In [None]:
import os
from data_processing import *
from util import *

from warnings import simplefilter
# ignore all future warnings
simplefilter(action='ignore', category=FutureWarning)

# Feature extraction from audio files

The original data given by the GTZAN Dataset are in .wav format. In Kaggle, there is also the csv files that hold the extracted data from the audio files. The script here is to re-generate the csv file from the input .wav audio files. 

**There is a corrupted audio file (jazz.00054.wav) within the GTZAN Dataset that is downloaded from Kaggle**

There are two parts to the feature extraction from the audio files

## 1. Splitting up the audio files into 3-seconds blocks

The function **extract_audio_chunks** from the data_processing.py splits up an audio file into smaller blocks. The main purpose to this is to create more more data samples for model training. Splitting up a 30 seconds audio file into 3-seconds blocks will increase the data sample by 10 times. The length is of each small audio chunk is defined by the seconds_per_chunk parameters of the extract_audio_chunks function. This function requires the pydub library. The splitting up of the audio file into small chunks is done explicity by calling **make_chunks** within the extract_audio_chunks function.
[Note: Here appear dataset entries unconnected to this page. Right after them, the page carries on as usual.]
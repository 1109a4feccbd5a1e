-- ===== src/DeleteAccount/Handler/Stages.antt =====
-- Single stages of the deletion handler, against the safety protocol: reading the stored request, the
-- account, and the phases of the store. The storage loop is in Removal.
use etkin_link.Base.{ℕ, ◌≡◌, refl, ◌∙◌, ap, ◌≤◌, Bool, true, false, not, Option, none, some, arith}
use etkin_link.Int.{ℤ}
use etkin_link.Text.{Str, to_lower_case}
use etkin_link.Text.Laws.{str_eq→eq}
use etkin_link.Http.{Platform}
use etkin_link.Effect.{Act, throw, ◌>>◌}
use etkin_link.Effect.Protocol.{
  Triple, Triple-pure, Triple-throw, Triple-throw_none, Triple-call, Triple-weaken, Triple-bind,
  Triple-throw_if,
}
use etkin_link.DeleteAccount.State.{
  Phase, phase_rank, DeletionState, Claims, AuthState, Code, Call, get_request, advance_request,
  Dependencies, Exit,
}
use etkin_link.DeleteAccount.Request.{recent_login_is_valid}
use etkin_link.DeleteAccount.Handler.{
  recovery, record_failure, recover, advance_with_concurrent_recovery, read_auth_state,
  require_recent_login, error_response,
}
use etkin_link.DeleteAccount.Handler.Safety.{
  Knowledge, observe, Allowed, Stopped, MayAdvance, IsRecent,
}

-- The store gives back the row that it moved, in the phase that was asked for.
abbrev pub MovesRow : {W : Type 0} → Dependencies W → Type 0
MovesRow {W} deps =
    (u r : Str) (p q : Phase) (e : Option Code) (w : W) (s : DeletionState)
    → (deps.advance u r p q e w).0 ≡ some s
    → (s.user_id ≡ u) × (s.phase ≡ q)

pub eq_true_of_not : (b : Bool) → not b ≡ false → b ≡ true
eq_true_of_not true h = refl
eq_true_of_not false h = cc

-- What the handler knows of the request that it holds: its owner is the token's user, its phase is
-- the one that the store last gave, and K holds of the last path that was removed.
abbrev pub Holds : Claims → (Str → Type 0) → DeletionState → Knowledge → Type 0
Holds c K state g =
    (g.claims ≡ some c)
    × (to_lower_case state.user_id ≡ to_lower_case c.sub)
    × (g.stored ≡ some state.phase)
    × K g.cursor

-- A state that was recovered is the one that was read, of the same user, and far enough.
pub recovery_lem :
    (state : DeletionState) (next : Phase) (reply : Option (Option DeletionState))
    (s : DeletionState)
    → recovery state next reply ≡ some s
    → (reply ≡ some (some s)) × (s.user_id ≡ state.user_id) × (phase_rank next ≤ phase_rank s.phase)
unfolding recovery
recovery_lem state next none s h = cc
recovery_lem state next (some none) s h = cc
recovery_lem state next (some (some current)) s h =
    ground (arith, str_eq→eq current.user_id state.user_id)

abbrev pub Tri :
    {W A : Type 0}
    → Platform
    → (Knowledge → Type 0)
    → (A → Knowledge → Type 0)
    → Act W Call Exit A
    → Type 0
Tri platform Pre Post m = Triple (Allowed platform) observe Pre Post Stopped m

module _ {W : Type 0} (platform : Platform) (deps : Dependencies W) (c : Claims)
    (K : Str → Type 0) where
  pub record_failure-Triple :
      (state : DeletionState) (code : Code)
      → Tri platform
          (λ g. Holds c K state g × MayAdvance g state.phase state.phase)
          (λ _ _. Unit)
          (record_failure platform deps state code)
  unfolding record_failure
  record_failure-Triple state code =
      Triple-call (λ _. Unit) _ _ (λ w. tt) (λ a g _ p. (((c, p.0.0, p.0.1), p.0.2, p.1), tt))

  -- A failure is recorded, and the handler ends with its code.
  pub fail-Triple :
      {A : Type 0} {Post : A → Knowledge → Type 0} (state : DeletionState) (status : ℕ)
      (code : Code)
      → Tri platform
          (λ g. Holds c K state g × MayAdvance g state.phase state.phase)
          Post
          (record_failure platform deps state code >> throw (error_response status code))
  fail-Triple state status code =
      Triple-bind (λ _ _. Unit) _ _ (record_failure-Triple state code)
        (λ _. Triple-throw _ (λ g _. tt))

  -- The state of the knowledge after a move, or after a move that failed.
  abbrev Moved : DeletionState → Phase → Option DeletionState → Knowledge → Type 0
  Moved state next moved g =
      (moved ≡ none → Holds c K state g)
      × ((s : DeletionState)
          → moved ≡ some s
          → Holds c K s g × (phase_rank next ≤ phase_rank s.phase))

  move_seen :
      (state : DeletionState) (next : Phase) (moved : Option DeletionState) (g : Knowledge)
      → ((s : DeletionState) → moved ≡ some s → (s.user_id ≡ state.user_id) × (s.phase ≡ next))
      → Holds c K state g
      → Moved state next moved (
          observe g
            (advance_request state.user_id state.client_request_id state.phase next none moved))
  move_seen state next none g good h = (λ _. h, λ s e. cc)
  move_seen state next (some m) g good h =
      let (owner, phase) = good m refl in
      (
        λ e. cc,
        λ s e. ((h.0, ground (arith, h.1, owner), ground arith, h.3), ground (arith, phase)),
      )

  -- The reply to a reading of the row, as far as it decides the recovery.
  abbrev Read : DeletionState → Option (Option DeletionState) → Knowledge → Type 0
  Read state reply g =
      (g.claims ≡ some c)
      × (to_lower_case state.user_id ≡ to_lower_case c.sub)
      × K g.cursor
      × ((s : DeletionState) → reply ≡ some (some s) → g.stored ≡ some s.phase)

  stored_after :
      (state : DeletionState) (r : Str) (reply : Option (Option DeletionState)) (g : Knowledge)
      → Holds c K state g
      → Read state reply (observe g (get_request r reply))
  stored_after state r none g h = (h.0, h.1, h.3, λ s e. cc)
  stored_after state r (some none) g h = (h.0, h.1, h.3, λ s e. cc)
  stored_after state r (some (some row)) g h = (h.0, h.1, h.3, λ s e. ground arith)

  recover-Triple :
      (state : DeletionState) (next : Phase) (moved : Option DeletionState)
      → Tri platform
          (Moved state next moved)
          (λ m g.
            (s : DeletionState)
            → m ≡ some s
            → Holds c K s g × (phase_rank next ≤ phase_rank s.phase))
          (recover platform deps state next moved)
  unfolding recover
  recover-Triple state next (some m) = Triple-pure _ (λ g p. p.1)
  recover-Triple state next none =
      Triple-bind (Read state) _ _
        (Triple-call (λ _. Unit) _ _ (λ w. tt)
          (λ reply g _ p. (tt, stored_after state state.client_request_id reply g (p.0 refl))))
        (λ reply. Triple-pure _ (λ g p s e.
          let (read, owner, far) = recovery_lem state next reply s e in
          ((p.0, ap to_lower_case owner ∙ p.1, p.3 s read, p.2), far)))

  -- Moving to the next phase, with the recovery from a concurrent move.
  pub advance-Triple :
      MovesRow deps
      → (state : DeletionState) (next : Phase)
      → Tri platform
          (λ g. Holds c K state g × MayAdvance g state.phase next)
          (λ moved g.
            (s : DeletionState)
            → moved ≡ some s
            → Holds c K s g × (phase_rank next ≤ phase_rank s.phase))
          (advance_with_concurrent_recovery platform deps state next)
  unfolding advance_with_concurrent_recovery
  advance-Triple moves state next =
      Triple-bind (Moved state next) _ _
        (Triple-call
          (λ moved.
            (s : DeletionState) → moved ≡ some s → (s.user_id ≡ state.user_id) × (s.phase ≡ next))
          _ _ (λ w s. moves _ _ _ _ _ w s)
          (λ moved g good p.
            (((c, p.0.0, p.0.1), p.0.2, p.1), move_seen state next moved g good p.0)))
        (recover-Triple state next)

module _ {W : Type 0} (platform : Platform) (deps : Dependencies W) (c : Claims)
    (P : Knowledge → Type 0) (knows : (g : Knowledge) → P g → g.claims ≡ some c)
    (stable : (g : Knowledge) (t : Option ℤ) (a : Option AuthState)
      → P g
      → P (record g { now = t; auth = a })) where
  pub read_auth_state-Triple :
      Tri platform P
        (λ a g. P g × (g.auth ≡ some a))
        (read_auth_state platform deps (to_lower_case c.sub))
  unfolding read_auth_state
  read_auth_state-Triple =
      Triple-bind (λ reply g. P g × (g.auth ≡ reply)) _ _
        (Triple-call (λ _. Unit) _ _ (λ w. tt)
          (λ a g _ p. ((c, knows g p, refl), (stable g g.now a p, refl))))
        (λ reply. Triple-throw_none _ reply (λ g p e. tt) (λ a g p e. (p.0, p.1 ∙ e)))

  pub require_recent_login-Triple :
      (a : AuthState)
      → a.exists ≡ true
      → Tri platform
          (λ g. P g × (g.auth ≡ some a))
          (λ _ g. P g × (g.auth ≡ some a) × IsRecent platform g)
          (require_recent_login platform deps c a)
  unfolding require_recent_login
  require_recent_login-Triple a there =
      Triple-bind (λ t g. P g × (g.auth ≡ some a) × (g.now ≡ some t)) _ _
        (Triple-call (λ _. Unit) _ _ (λ w. tt)
          (λ t g _ p. (tt, (stable g (some t) g.auth p.0, p.1, refl))))
        (λ t.
          Triple-weaken _
            (λ _ g.
              (P g × (g.auth ≡ some a) × (g.now ≡ some t))
              × (not (recent_login_is_valid platform c a.last_sign_in_at t) ≡ false))
            Stopped _ (Triple-throw_if _ _ (λ g p e. tt)) (λ g p. p)
            (λ _ g p.
              (p.0.0, p.0.1, (c, a, t, knows g p.0.0, p.0.1, there, p.0.2, eq_true_of_not _ p.1)))
            (λ e g p. p))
The **make_chunks** function returns an array of the small audio chunks that are splitted up from the main audio file. 

These audio chunks are then exported as .wav file and stored in a temporary folder location for the feature extraction in step 2.

## 2. Extracting the features from each of the 3-seconds blocks

The **extract_features** function from the data_processing.py extracts the features from each audio file. The function requires the **librosa** library.

The features extracted are:
* file name: extracted from the given file name
* length: calculated from librosa.get_duration * librosa.get_samplerate 
* chroma_stft
* rms
* spectral_centroid
* spectral_bandwidth
* spectral_rolloff
* zero_crossing_rate
* harmonic
* tempo
* mfcc (20 instances)
* label

The means and variance are calculated for the following features:
* chroma_stft
* rms
* spectral_centroid
* spectral_bandwidth
* spectral_rolloff
* zero_crossing_rate
* harmonic
* tempo (only the mean is calculated for this feature)
* mfcc (20 instances)

Essentially, the extracted features are stored as Pandas dataframe. Each audio file feature should have the shape of (1, 58):
* file name
* length
* chroma_stft_mean
* chroma_stft_var
* rms_mean
* rms_var
* spectral_centroid_mean
* spectral_centroid_var
* spectral_bandwidth_mean
* spectral_bandwidth_var
* rolloff_mean
* rolloff_var
* zero_crossing_rate_mean
* zero_crossing_rate_var
* harmonic_mean
* harmonic_var
* tempo
* mfcc (20 instances, of mean and variance)
* label

Finally, the extracted features are saved as a .csv file to be used for model training.

In [None]:
dataset_path = './data/'
data = pd.DataFrame()
temp_dir = os.path.abspath("temp")
file_count = 0


for dirpath, dirnames, filenames in os.walk(dataset_path):
    for i, filename in enumerate(filenames):
        if filename.endswith('.wav'):
            filepath = os.path.join(dirpath, filename)
            file_count += 1
            print("Splitting {}".format(filepath))
            audio_chunks = extract_audio_chunks(filepath, 3000, temp_dir)
            for audio_chunk in audio_chunks:
                data = data.append(extract_features(audio_chunk), ignore_index=True)

print("Total audio files processed: {}".format(file_count))
clear_folder(temp_dir)

data.to_csv("audio_features_3_sec.csv", header=True, index=False)